Bravelands
- The cover of Broken Pride, the first book in the series
- Broken Pride; Code of Honor; Blood and Bone; Shifting Shadows; The Spirit-Eaters; Oathkeeper; Shadows on the Mountain; The Venom Spreads; Blood on the Plains; The Shattered Horn; Breakers of the Code; Realm of Lost Spirits;
- Author: Erin Hunter
- Cover artist: Owen Richardson
- Country: United Kingdom
- Language: English
- Genre: Teen literature, fantasy
- Publisher: HarperCollins
- Published: 6 June 2017 – present
- Media type: Print, e-book

= Bravelands =

Series of juvenile fantasy novels by Erin Hunter

Bravelands is a children's novel series written by Rosie Best and formerly Gillian Philip under the pseudonym Erin Hunter. The series has overall been well received, with critics praising the realistic behavior of the characters, the excitement in the novels, and the description of the Bravelands, though also criticizing it for its similarities to The Lion King.

==Summary==
The story of Bravelands takes place in Africa. The animals of Africa live through coexistence by one rule: only kill to survive. The protagonist varies from chapter to chapter, and the set of protagonists varies from arc to arc.

==Books==
===Bravelands===
The series follows the adventures of Fearless, a lion who was cast out of his pride, Thorn, a baboon who tries to rebel against his destiny, and Sky, an African bush elephant gifted with the ability to see the future in bones.

- Broken Pride - 6 June 2017 (Philip)
- Code of Honor - 6 February 2018 (Philip)
- Blood and Bone – 2 October 2018 (Philip)
- Shifting Shadows – 7 May 2019 (Philip)
- The Spirit-Eaters - 4 February 2020 (Philip)
- Oathkeeper - 22 September 2020 (Philip)

=== Bravelands: Curse of the Sandtongue ===
This series follows a gorilla with a deadly secret, a leopard struck by tragedy, and a gazelle cast out of her herd.

- Shadows on the Mountain – 18 May 2021 (Best)
- The Venom Spreads – 1 February 2022 (Best)
- Blood on the Plains – 4 October 2022 (Best)

===Bravelands: Thunder on the Plains===
This series follows an African buffalo who leads his herd, a cheetah harboring deadly secrets, and a spotted hyena trying to find peace between her clan and a pride of lions.

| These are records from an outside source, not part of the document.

-- ===== src/FromMatrix/Delivery.antt =====
-- Everything that is to be posted on Discord has been accepted there.
use matrix_bridge_discord.Prelude.{
  List, [], ◌∷◌, ◌++◌, String, false, Option, none, some, ◌≡◌, ◌⊎◌, inl, inr, refl, sym, ap, ◌∙◌,
  arith, append-nil, append_assoc, Result, ok, err, All, Bool-cases, ltb,
}
use matrix_bridge_discord.Text.{is_empty}
use matrix_bridge_discord.MessageFlow.{OutboundDiscordMessage}
use matrix_bridge_discord.Rooms.Tasks.{
  Call, send_as_user, send_file_as_user, get_user_profile, Outside, MediaInfo, World, Task, After,
  follow-After, After-cases, After-weaken, After-both,
}
use matrix_bridge_discord.FromMatrix.Profile.{Shown, shown_as}
use matrix_bridge_discord.FromMatrix.{
  Downloaded, max_discord_bytes, labelled, post, post_text, or_url, post_attachment,
  post_attachments, post_content, send_to_discord_with_attachments,
}

-- One of the calls of the log was answered with an identifier, and is as described.
pub record Posted {S : Type 0} (outside : Outside S) (described : Call → Type 0) (log : List Call)
    : Type 0 where
  pub before : List Call
  pub it : Call
  pub behind : List Call
  pub at : log ≡ before ++ it ∷ behind
  pub id : String
  pub accepted : outside.sent before it ≡ ok id
  pub as_described : described it

-- What an attachment may become: its file, or a text with its address.
abbrev pub Carries : String → Shown → Downloaded → Call → Type 0
Carries channel shown (url, none) c =
    c ≡ send_as_user channel (labelled "Attachment" url) [] none none shown.username shown.avatar
Carries channel shown (url, some media) c =
    (c ≡ send_file_as_user channel media shown.username shown.avatar)
    ⊎ (c
        ≡ send_as_user channel (labelled media.filename url) [] none none shown.username
            shown.avatar)

abbrev pub Says : String → Shown → String → Option String → Option String → Call → Type 0
Says channel shown text reply edit c =
    c ≡ send_as_user channel text [] reply edit shown.username shown.avatar

-- More calls have been made, and the store is as before.
pub record Grown {S : Type 0} (w w' : World S) : Type 0 where
  pub more : List Call
  pub calls : w'.calls ≡ w.calls ++ more
  pub same_db : w'.db ≡ w.db

abbrev pub Grown_refl : {S : Type 0} → (w : World S) → Grown w w
Grown_refl w = record { more = []; calls = sym (append-nil w.calls); same_db = refl }

pub Grown_trans : {S : Type 0} (w w1 w2 : World S) → Grown w w1 → Grown w1 w2 → Grown w w2
Grown_trans w w1 w2 g h = record {
  more = g.more ++ h.more;
  calls = h.calls ∙ ap (λ l. l ++ h.more) g.calls ∙ append_assoc w.calls g.more h.more;
  same_db = h.same_db ∙ g.same_db;
}

module _ {S : Type 0} (outside : Outside S) where
  pub Posted-Grown :
      (described : Call → Type 0) (w w' : World S)
      → Grown w w'
      → Posted outside described w.calls
      → Posted outside described w'.calls
  Posted-Grown described w w' g p = record {
    before = p.before;
    it = p.it;
    behind = p.behind ++ g.more;
    at = g.calls ∙ ap (λ l. l ++ g.more) p.at ∙ append_assoc p.before (p.it ∷ p.behind) g.more;
    id = p.id;
    accepted = p.accepted;
    as_described = p.as_described;
  }

  pub All-Posted-Grown :
      (described : Downloaded → Call → Type 0) (l : List Downloaded) (w w' : World S)
      → Grown w w'
      → All (λ a. Posted outside (described a) w.calls) l
      → All (λ a. Posted outside (described a) w'.calls) l
  All-Posted-Grown described [] w w' g h = tt
  All-Posted-Grown described (a ∷ l) w w' g (h, hs) =
      (Posted-Grown (described a) w w' g h, All-Posted-Grown described l w w' g hs)

  -- A task that posts what is described, or fails and leaves the store alone.
  abbrev Posts : {A : Type 0} → (Call → Type 0) → Task S A → Type 0
  Posts described t =
      (w : World S)
      → After (λ _ w'. Grown w w' × Posted outside described w'.calls) (λ w'. w'.db ≡ w.db) (t w)

  post-Posted :
      (described : Call → Type 0) (c : Call) → described c → Posts described (post outside c)
  post-Posted described c d w =
      After-cases (λ _ w'. Grown w w' × Posted outside described w'.calls) (λ w'. w'.db ≡ w.db)
        (outside.sent w.calls c) _
        (λ id e. (
          record { more = c ∷ []; calls = refl; same_db = refl },
          record {
            before = w.calls;
            it = c;
            behind = [];
            at = refl;
            id = id;
            accepted = e;
            as_described = d;
          },
        ))
        (λ _ _. refl)

  module _ (channel : String) (shown : Shown) where
    or_url-Posted :
        (url : String) (media : MediaInfo) (w : World S) (answer : Result String String)
        → outside.sent w.calls (send_file_as_user channel media shown.username shown.avatar)
          ≡ answer
        → let w1 : World S = record w {
          calls = w.calls ++ send_file_as_user channel media shown.username shown.avatar ∷ [];
        } in
          After
            (λ _ w'. Grown w w' × Posted outside (Carries channel shown (url, some media)) w'.calls)
            (λ w'. w'.db ≡ w.db)
            (or_url outside channel shown url media answer w1)
    or_url-Posted url media w (ok id) e = (
      record {
        more = send_file_as_user channel media shown.username shown.avatar ∷ [];
        calls = refl;
        same_db = refl;
      },
      record {
        before = w.calls;
        it = send_file_as_user channel media shown.username shown.avatar;
        behind = [];
        at = refl;
        id = id;
        accepted = e;
        as_described = inl refl;
      },
    )
    or_url-Posted url media w (err text) e =
        let c = send_file_as_user channel media shown.username shown.avatar in
        let w1 : World S = record w { calls = w.calls ++ c ∷ [] } in
        let Here : String → World S → Type 0 =
          λ _ w'. Grown w1 w' × Posted outside (Carries channel shown (url, some media)) w'.calls in
        After-weaken Here (λ w'. w'.db ≡ w.db)
          (λ _ w'. Grown w w' × Posted outside (Carries channel shown (url, some media)) w'.calls)
          (post_text outside channel shown (labelled media.filename url) w1)
          (post-Posted (Carries channel shown (url, some media)) _ (inr refl) w1)
          (λ _ w2 h.
            (Grown_trans w w1 w2 (record { more = c ∷ []; calls = refl; same_db = refl }) h.0, h.1))

    post_attachment-Posted :
        (a : Downloaded) → Posts (Carries channel shown a) (post_attachment outside channel shown a)
    post_attachment-Posted (url, none) w = post-Posted _ _ refl w
    post_attachment-Posted (url, some media) w =
        elim (Bool-cases (ltb max_discord_bytes media.size)) [
          | inl large ↦ rw large (post-Posted _ _ (inr refl) w)
          | inr small ↦ rw small (or_url-Posted url media w _ refl)
        ]

    pub post_attachments-Posted :
        (l : List Downloaded) (w : World S)
        → After
            (λ _ w'. Grown w w' × All (λ a. Posted outside (Carries channel shown a) w'.calls) l)
            (λ w'. w'.db ≡ w.db)
            (post_attachments outside channel shown l w)
    post_attachments-Posted [] w = (Grown_refl w, tt)
    post_attachments-Posted (a ∷ l) w =
        let one = post_attachment outside channel shown a w in
        let Last : String → World S → Type 0 =
          λ _ w'. Grown w w' × Posted outside (Carries channel shown a) w'.calls in
        let Every : Unit {0} → World S → Type 0 = λ _ w'.
          Grown w w' × All (λ b. Posted outside (Carries channel shown b) w'.calls) (a ∷ l) in
        follow-After Last Every (λ w'. w'.db ≡ w.db) one.0 one.1 _ (post_attachment-Posted a w)
          (λ _ w1 h.
            After-both
              (λ _ w'. Grown w1 w' × All (λ b. Posted outside (Carries channel shown b) w'.calls) l)
              (λ w'. w'.db ≡ w1.db) Every (λ w'. w'.db ≡ w.db)
              (post_attachments outside channel shown l w1) (post_attachments-Posted l w1)
              (λ _ w2 k. (
                Grown_trans w w1 w2 h.0 k.0,
                (Posted-Grown (Carries channel shown a) w1 w2 k.0 h.1, k.1),
              ))
              (λ w2 k. k ∙ h.0.same_db))

  module _ (homeserver_url : String) {Embed : Type 0} (channel : String)
      (outbound : OutboundDiscordMessage Embed) where
    -- The attachments and then the text have been posted.
    pub record Delivered (shown : Shown) (attachments : List Downloaded) (w w' : World S)
        : Type 0 where
      pub grown : Grown w w'
      pub attached : All (λ a. Posted outside (Carries channel shown a) w'.calls) attachments
      pub said :
          is_empty outbound.content ≡ false
          → Posted outside
              (Says channel shown outbound.content outbound.reply_to outbound.edit_of)
              w'.calls

    post_content-Delivered :
        (shown : Shown) (attachments : List Downloaded) (w w1 : World S)
        → Grown w w1
        → All (λ a. Posted outside (Carries channel shown a) w1.calls) attachments
        → After
            (λ _. Delivered shown attachments w)
            (λ w'. w'.db ≡ w.db)
            (post_content outside homeserver_url channel shown outbound w1)
    post_content-Delivered shown attachments w w1 g h =
        elim (Bool-cases (is_empty outbound.content)) [
          | inl silent ↦ rw silent (record { grown = g; attached = h; said = λ e. ground arith })
          | inr said ↦
              let c =
                send_as_user channel outbound.content [] outbound.reply_to outbound.edit_of
                  shown.username shown.avatar in
              let P = Says channel shown outbound.content outbound.reply_to outbound.edit_of in
              let one = post outside c w1 in
              rw said (
                follow-After (λ _ w'. Grown w1 w' × Posted outside P w'.calls)
                  (λ _. Delivered shown attachments w) (λ w'. w'.db ≡ w.db) one.0 one.1 _
                  (After-both (λ _ w'. Grown w1 w' × Posted outside P w'.calls)
                    (λ w'. w'.db ≡ w1.db) (λ _ w'. Grown w1 w' × Posted outside P w'.calls)
                    (λ w'. w'.db ≡ w.db) one (post-Posted P c refl w1) (λ _ _ k. k)
                    (λ w' k. k ∙ g.same_db))
                  (λ _ w2 k. record {
                    grown = Grown_trans w w1 w2 g k.0;
                    attached = All-Posted-Grown (Carries channel shown) attachments w1 w2 k.0 h;
                    said = λ _. k.1;
                  }))
        ]

    -- The sender is shown as the answer to the question of the profile says.
    pub send_to_discord_with_attachments-Delivered :
        (sender : String) (attachments : List Downloaded) (w : World S)
        → After
            (λ _.
              Delivered
                (shown_as homeserver_url sender (outside.profile w.calls sender))
                attachments
                w)
            (λ w'. w'.db ≡ w.db)
            (send_to_discord_with_attachments outside homeserver_url channel outbound sender
              attachments w)
    unfolding send_to_discord_with_attachments
    send_to_discord_with_attachments-Delivered sender attachments w =
        let shown = shown_as homeserver_url sender (outside.profile w.calls sender) in
        let w1 : World S = record w { calls = w.calls ++ get_user_profile sender ∷ [] } in
        let all = post_attachments outside channel shown attachments w1 in
        let first : Grown w w1 = record {
          more = get_user_profile sender ∷ [];
          calls = refl;
          same_db = refl;
        } in
        follow-After
          (λ _ w'.
            Grown w1 w' × All (λ a. Posted outside (Carries channel shown a) w'.calls) attachments)
          (λ _. Delivered shown attachments w) (λ w'. w'.db ≡ w.db) all.0 all.1 _
          (post_attachments-Posted channel shown attachments w1)
          (λ _ w2 h.
            post_content-Delivered shown attachments w w2 (Grown_trans w w1 w2 first h.0) h.1)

- The Shattered Horn – 2 May 2023 (Best)
- Breakers of the Code – 6 February 2024 (Best)
- Realm of Lost Spirits – 8 October 2024 (Best)

==Critical reception==
The first book in the Bravelands series, Broken Pride appeared on The New York Times Best Seller list. School Library Journal criticizes the series for its similarities to The Lion King but writes, "Fans of Hunter's previous series will not be disappointed, and they will be anxious for the next installment in this new series." Kirkus Reviews gave it a starred review and writes, "Deep characters, a complex plot, rich mythology, and a stunning setting all come together to prove once again that the Hunter collective are master storytellers. Fans of Warriors will thrill at the opportunity to travel from the forest to the savanna in this brand new series."